You will want to order new Hydraulic Lash Adjusters (HLA's) and totally clean your original rocker arms & shafts......then install them into/with the NEW cylinder head cam caps. If you are uncomfortable taking the rocker arms & shafts apart and cleaning them, ask your machine shop if they could do it for you.......and provide them the new head, with the new cam caps, and your original camshaft.......BEFORE shipping the core (and it's cam caps) back to CCH.

Yes.....use RED Loctite to keep all of the studs in the new cylinder head. You can thread two nuts together, onto the non-head side of the studs, then tighten them against each other, to help tighten the studs into the new head.

Thanks for the kudos! I actually enjoy building these smaller 4 cyl. engines and have always taken a lot of pictures as I work on vehicles.......it really helps you later on, to be able to go back and see what you did a few years later! As we get older, it's hard to remember everything!! It is all looking good too!!
 
#15 ·
Another thing to think about.......as you get further along with your engine, look into buying new Mazda coolant & bypass rubber hoses.......the new Mazda hoses will last another 20 years, and add some good insurance that the coolant system is in good shape for years to come.......none of the 4-cyl. engines like to overheat!
I've had replacement heater hoses split before, when only 5-6 years old......and they were NOT a Mazda hose!

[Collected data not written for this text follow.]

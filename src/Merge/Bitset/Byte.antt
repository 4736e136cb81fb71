-- ===== src/Merge/Bitset/Byte.antt =====
-- The two masks on one byte: which bits they change, and that the result is a byte.
use ex_rocket.Prelude.{
  ℕ, zero, suc, ◌+◌, ◌-◌, ◌*◌, ◌/◌, ◌%◌, ◌^◌, ◌<◌, ◌≡◌, refl, subst, Bool, true, false, ◌&&◌, ◌||◌,
  not, All, arith, ltb, ltb→lt, ◌==◌,
}
use Prim.Native.Nat.{bit_and-bitwise}
use ex_rocket.Text.Utf8.{Bytes}
use ex_rocket.Merge.Bitset.{or_mask, and_not_mask}

abbrev pub IsByte : ℕ → Type 0
IsByte b = b < 256

abbrev pub IsBytes : Bytes → Type 0
IsBytes = All IsByte

-- Bit `k` of a byte.
unfoldable pub bit : ℕ → ℕ → Bool
bit k byte = byte / 2 ^ k % 2 == 1

-- `test` holds of the numbers under `limit`.
passes : (ℕ → Bool) → ℕ → Bool
passes test zero = true
passes test (suc limit) = passes test limit && test limit

test_at :
    (test : ℕ → Bool) (limit value : ℕ)
    → value < limit
    → passes test limit ≡ true
    → test value ≡ true
unfolding passes
test_at test zero value under all_pass = absurd (omega arith)
test_at test (suc limit) value under all_pass =
    let earlier = test_at test limit value in ground (arith, earlier)

abbrev same : Bool → Bool → Bool
same true b = b
same false b = not b

same_eq : (a b : Bool) → same a b ≡ true → a ≡ b
same_eq true true h = refl
same_eq true false h = cc
same_eq false true h = cc
same_eq false false h = refl

and_parts :
    (a b c d : Bool)
    → ((a && b) && (c && d)) ≡ true
    → (a ≡ true) × (b ≡ true) × (c ≡ true) × (d ≡ true)
and_parts a b c d h = ground arith

-- What the two masks do to bit `k` of a byte, as a test.
abbrev law : ℕ → ℕ → ℕ → Bool
law byte i k =
    (ltb (or_mask byte i) 256 && ltb (and_not_mask byte i) 256)
    && (same (bit k (or_mask byte i)) (i == k || bit k byte)
        && same (bit k (and_not_mask byte i)) (not (i == k) && bit k byte))

-- All bytes and all pairs of bits, by evaluation: `x` holds the byte and the two bits.
abbrev byte_laws : ℕ → Bool
byte_laws x = law (x / 64) (x / 8 % 8) (x % 8)

byte_table : passes byte_laws 16384 ≡ true
unfolding passes bit
byte_table = refl

module _ (byte i k : ℕ) (hb : IsByte byte) (hi : i < 8) (hk : k < 8) where
  index : ℕ
  index = byte * 64 + i * 8 + k

  laws_at : byte_laws index ≡ true
  unfolding index
  laws_at = test_at byte_laws 16384 index (omega arith) byte_table

  index_parts : (index / 64 ≡ byte) × (index / 8 % 8 ≡ i) × (index % 8 ≡ k)
  unfolding index
  index_parts = (omega arith, omega arith, omega arith)

  pub laws :
      (or_mask byte i < 256)
      × (and_not_mask byte i < 256)
      × (bit k (or_mask byte i) ≡ (i == k || bit k byte))
      × (bit k (and_not_mask byte i) ≡ (not (i == k) && bit k byte))
  laws =
      let h : law byte i k ≡ true =
        subst (λ (b : ℕ). law b i k ≡ true) index_parts.0
          (subst (λ (m : ℕ). law (index / 64) m k ≡ true) index_parts.1
            (subst (λ (m : ℕ). law (index / 64) (index / 8 % 8) m ≡ true) index_parts.2 laws_at)) in
      let (p, q, r, t) = and_parts _ _ _ _ h in
      (ltb→lt _ _ p, ltb→lt _ _ q, same_eq _ _ r, same_eq _ _ t)

-- `get_or` behind the end is 0, and no mask sets a bit of it there.
pub and_not_mask_zero : (i : ℕ) → and_not_mask 0 i ≡ 0
and_not_mask_zero i = bit_and-bitwise 0 (255 - 2 ^ i)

Another thing......use a quality (not made in China or Taiwan) front oil seal......the one in the timing cover where the harmonic balancer mounts. I've had a Taiwan made front crankshaft oil seal "push out" of the factory timing cover on one of my B2600i trucks, years after it was installed, while driving down the road! Did not know it, but stopped at the grocery store and smelled burning oil when I got out of the truck to go into the store.......thought it was from a car that was parked next to me.....surely it couldn't be MY TRUCK! Well, heading back home from the grocery store, and my oil idiot light starts flashing on and off......I was just about to my driveway, so I shut the engine off and coasted into the drive.......got out and looked (it was night time of course!) and the whole underside of the truck was coated in oil. When I fixed it the next morning, I measured the outside diameter of the new, made in Japan seal, and the old Taiwan seal that I had bought from one of the box auto parts stores, and if I remember correctly, it was .019" smaller in diameter.......when measuring it with a Dial Caliper.